Page 29 of The Cellist
“I suppose I did the best I could. Still, I wish I’d been able to pin you down on a few more specifics. The Anna Rolfe affair, for example. Your first Swiss adventure. Or was it the Hamidi assassination? It’s hard to keep them all straight.” Greeted by silence, Bittel sailed on. “I was lucky enough to see Anna perform with Martha Argerich a few weeks before the lockdown. An evening of Brahms and Schumann sonatas. She still plays with the same fire. And Argerich...” He held up his hands. “Well, what else can one say?”
“Which Brahms?”
“I believe it was the G Major.”
“She always adored it.”
“She’s living here in Switzerland again, in her father’s old villa on the Zürichberg.”
“You don’t say.”
“When was the last time you saw her?”
“Anna?” Gabriel glanced at Christopher, who was watching the Sunday-afternoon traffic flowing along the A6, a half smile on his face. “It’s been an age.”
Bittel returned to the matter at hand. “We’re not the only ones who will suffer if there’s a scandal. The British have enormous exposure to RhineBank, as do the Americans.”
“If it’s handled properly, there won’t be a scandal. But if RhineBank has broken the law, it should be punished accordingly.”
“What do I say to RhineBank’s regulators?”
“Nothing at all.”
Bittel was appalled. “That’s not the way we do things here in Switzerland. We follow the rules.”

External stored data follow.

-- ===== src/Core/Quiet.antt =====
-- Operations that neither touch the bitmap nor what `IsSteady` keeps.
use scsiswap.Base.{◌≡◌, ap, ◌∙◌}
use scsiswap.State.{World}
use scsiswap.Io.Effects.{IsCalm}
use scsiswap.Core.Steady.{IsSteady, IsSteady-of_calm, IsSteady-trans}
use scsiswap.Core.Alloc.Fresh.{bits_of}

pub record IsQuiet {E : Type 0} (w w' : World E) : Type 0 where
  pub steady : IsSteady w w'
  pub bits : bits_of w' ≡ bits_of w

module _ {E : Type 0} where
  pub IsQuiet-of_calm : {w w' : World E} → IsCalm w w' → IsQuiet w w'
  IsQuiet-of_calm c = record { steady = IsSteady-of_calm c; bits = ap (λ h. h.bitmap) c.head }

  pub IsQuiet-trans : {u v w : World E} → IsQuiet u v → IsQuiet v w → IsQuiet u w
  IsQuiet-trans p q = record { steady = IsSteady-trans p.steady q.steady; bits = q.bits ∙ p.bits }
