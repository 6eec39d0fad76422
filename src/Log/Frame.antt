-- ===== src/Log/Frame.antt =====
-- log.c: what a log push leaves alone.
use scsiswap.Base.{Bytes, length, le_bytes, ◌∙◌, refl, some, ◌≡◌, ℕ, ◌-◌, ◌==◌, leb, not, arith}
use mathlib.Core.Path.{subst}
use scsiswap.Kernel.{Kernel}
use scsiswap.Ring.Refine.{IsValid, push-IsValid}
use scsiswap.Format.{LogItem, LogHead, log_item_bytes}
use scsiswap.Ring.{cspring_update, put_item, cspring_push, Ring, cspring_peek}
use scsiswap.State.{World, Log, is_ok}
use scsiswap.Ensures.{Ensures, bind_rule, deref_rule, weaken, if_rule}
use scsiswap.Io.{hd_write_sector_no_retry}
use scsiswap.Io.Effects.{
  HasLog, IsCalm, IsCalm-refl, IsCalm-trans, env-IsCalm, hd_write_sector-IsCalm,
}
use scsiswap.Log.{
  scsi_swap_log_peek, scsi_swap_log_last, scsi_swap_log_item_init, scsi_swap_log_update_data,
  scsi_swap_log_update_head, scsi_swap_log_push,
}

-- `sizeof(struct scsi_swap_log_item)`
pub length-log_item_bytes : (i : LogItem) → length (log_item_bytes i) ≡ 32
unfolding log_item_bytes le_bytes
length-log_item_bytes i = refl

-- A push to the ring of a log does not fault, and leaves one that can be pushed to.
pub push-Valid :
    (r : Ring) (item : LogItem)
    → IsValid r
    → r.item_size ≡ 32
    → (p : ℕ × Ring) × (cspring_push r (log_item_bytes item) ≡ some p) × IsValid p.1
push-Valid r item valid size =
    push-IsValid (log_item_bytes item) valid (omega (arith, length-log_item_bytes item, size))

-- Its slots keep their size.
push_size :
    (r : Ring) (x : Bytes) (p : ℕ × Ring) → cspring_push r x ≡ some p → p.1.item_size ≡ r.item_size
unfolding cspring_push put_item cspring_update
push_size r x p e = ground arith

pushed-HasLog :
    (l : Log) (r : Ring) (item : LogItem) (p : ℕ × Ring)
    → l.ring ≡ some r
    → cspring_push r (log_item_bytes item) ≡ some p
    → HasLog l
    → HasLog (record l { ring = some p.1 })
pushed-HasLog l r item p found run h =
    let same : h.ring ≡ r = cc (found, h.held) in
    let (valid, sized) = subst (λ q. IsValid q × (q.item_size ≡ 32)) same (h.valid, h.sized) in
    let (q, run', kept) = push-Valid r item valid sized in
    let again : q ≡ p = cc (run, run') in
    record {
      ring = p.1;
      held = refl;
      valid = subst (λ q. IsValid q.1) again kept;
      sized = push_size r (log_item_bytes item) p run ∙ sized;
    }

same_ring-HasLog : (l : Log) (h : LogHead) → HasLog l → HasLog (record l { head = h })
same_ring-HasLog l h has = record {
  ring = has.ring;
  held = has.held;
  valid = has.valid;
  sized = has.sized;
}

module _ {E : Type 0} (k : Kernel E) where
  log-IsCalm : (w : World E) (l : Log) → (HasLog w.log → HasLog l) → IsCalm w (record w { log = l })
  log-IsCalm w l keeps = ground arith

  peek-IsCalm :
      (r : Ring) (i : ℕ) (w : World E) → Ensures (λ _ v. IsCalm w v) (scsi_swap_log_peek r i w)
  unfolding scsi_swap_log_peek
  peek-IsCalm r i w =
      if_rule (leb r.item_num i) _ _ (λ _ v. IsCalm w v) w (IsCalm-refl w)
        (deref_rule (cspring_peek r i) _ (λ _ v. IsCalm w v) w (λ _ _. IsCalm-refl w))

  last-IsCalm : (w : World E) → Ensures (λ _ v. IsCalm w v) (scsi_swap_log_last w)
  unfolding scsi_swap_log_last
  last-IsCalm w =
      deref_rule w.log.ring _ (λ _ v. IsCalm w v) w
        (λ r _.
          if_rule (r.item_num == 0) _ _ (λ _ v. IsCalm w v) w (IsCalm-refl w)
            (peek-IsCalm r (r.item_num - 1) w))

  pub init-IsCalm :
      (t s src dst n : ℕ) (w : World E)
      → Ensures (λ _ v. IsCalm w v) (scsi_swap_log_item_init k t s src dst n w)
  unfolding scsi_swap_log_item_init
  init-IsCalm t s src dst n w =
      let w' = record w { env = (k.getnstimeofday w.env).1 } in
      bind_rule scsi_swap_log_last _ (λ _ v. IsCalm w' v) (λ _ v. IsCalm w v) w' (last-IsCalm w')
        (λ _ v c. IsCalm-trans (env-IsCalm k w _) c)

  pub update_data-IsCalm :
      (item : LogItem) (w : World E)
      → Ensures (λ _ v. IsCalm w v) (scsi_swap_log_update_data k item w)
  unfolding scsi_swap_log_update_data hd_write_sector_no_retry
  update_data-IsCalm item w =
      deref_rule w.log.ring _ (λ _ v. IsCalm w v) w
        (λ r found.
          deref_rule (cspring_push r (log_item_bytes item)) _ (λ _ v. IsCalm w v) w
            (λ p run.
              IsCalm-trans (log-IsCalm w _ (pushed-HasLog w.log r item p found run))
                (hd_write_sector-IsCalm k _ _ _ _ _ _ _)))

  update_head-IsCalm : (w : World E) → Ensures (λ _ v. IsCalm w v) (scsi_swap_log_update_head k w)
  unfolding scsi_swap_log_update_head hd_write_sector_no_retry
  update_head-IsCalm w =
      deref_rule w.log.ring _ (λ _ v. IsCalm w v) w
        (λ r _.
          IsCalm-trans (log-IsCalm w _ (same_ring-HasLog w.log _))
            (hd_write_sector-IsCalm k _ _ _ _ _ _ _))

  -- Pushing a log entry changes nothing of the core but the deaths of the device.
  pub push-IsCalm :
      (t s src dst n : ℕ) (w : World E)
      → Ensures (λ _ v. IsCalm w v) (scsi_swap_log_push k t s src dst n w)
  unfolding scsi_swap_log_push
  push-IsCalm t s src dst n w =
      bind_rule (scsi_swap_log_item_init k t s src dst n) _ (λ _ v. IsCalm w v) (λ _ v. IsCalm w v)
        w (init-IsCalm t s src dst n w)
        (λ item v c.
          bind_rule (scsi_swap_log_update_data k item) _ (λ _ u. IsCalm v u) (λ _ u. IsCalm w u) v
            (update_data-IsCalm item v)
            (λ st u d.
              if_rule (not (is_ok st)) _ _ (λ _ x. IsCalm w x) u (IsCalm-trans c d)
                (weaken (scsi_swap_log_update_head k u) (λ _ x. IsCalm u x) (λ _ x. IsCalm w x)
                  (update_head-IsCalm u) (λ _ x e. IsCalm-trans (IsCalm-trans c d) e))))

“Unless it suits you not to. And then you flout the rules as readily as the rest of us. We’re not policemen or regulators, Bittel. We’re in the business of stealing other people’s secrets.”
“Recruit Isabel Brenner as an agent? Is that what you’re saying?”
“How else are we going to find out the name of the high-profile Russian who’s been looting state assets and stashing them here in the West?”
“I’m not sure I want to know his name.”
“In that case, let me handle it.”
Bittel exhaled heavily. “Why do I know I’m going to regret this?”
Gabriel didn’t bother to offer his Swiss colleague assurances to the contrary. Intelligence operations, like life, were invariably full of regrets. Especially when they involved the Russians.
“What do you need from us?” asked Bittel at last.
“I’d like you to stay out of my way.”
“Surely we can providesomeassistance. Physical surveillance, for example.”
Gabriel nodded toward Christopher. “Mr. Marlowe will handle the surveillance, at least for now. But with your approval, I’d like to add another operative to our team.”
“Only one?”
Gabriel smiled. “One is all I need.”
16
Zurich
Eli Lavon arrived at Zurich’s Kloten Airport late the following afternoon. He wore a cardigan sweater beneath his crumpled tweed jacket and an ascot at his throat. His hair was wispy and unkempt; the features of his face were bland and easily forgotten. The immigration authorities who met his aircraft on the tarmac did not bother to inspect his passport. Nor did they check his two large pieces of aluminum-sided luggage, which were crammed with sophisticated surveillance and communications gear.
An attendant at ExecuJet, one of the airport’s two fixed-base operators, placed the bags into the back of the BMW X5 waiting outside. Lavon slid into the front passenger seat and frowned. “Shouldn’t you have a bodyguard or two?”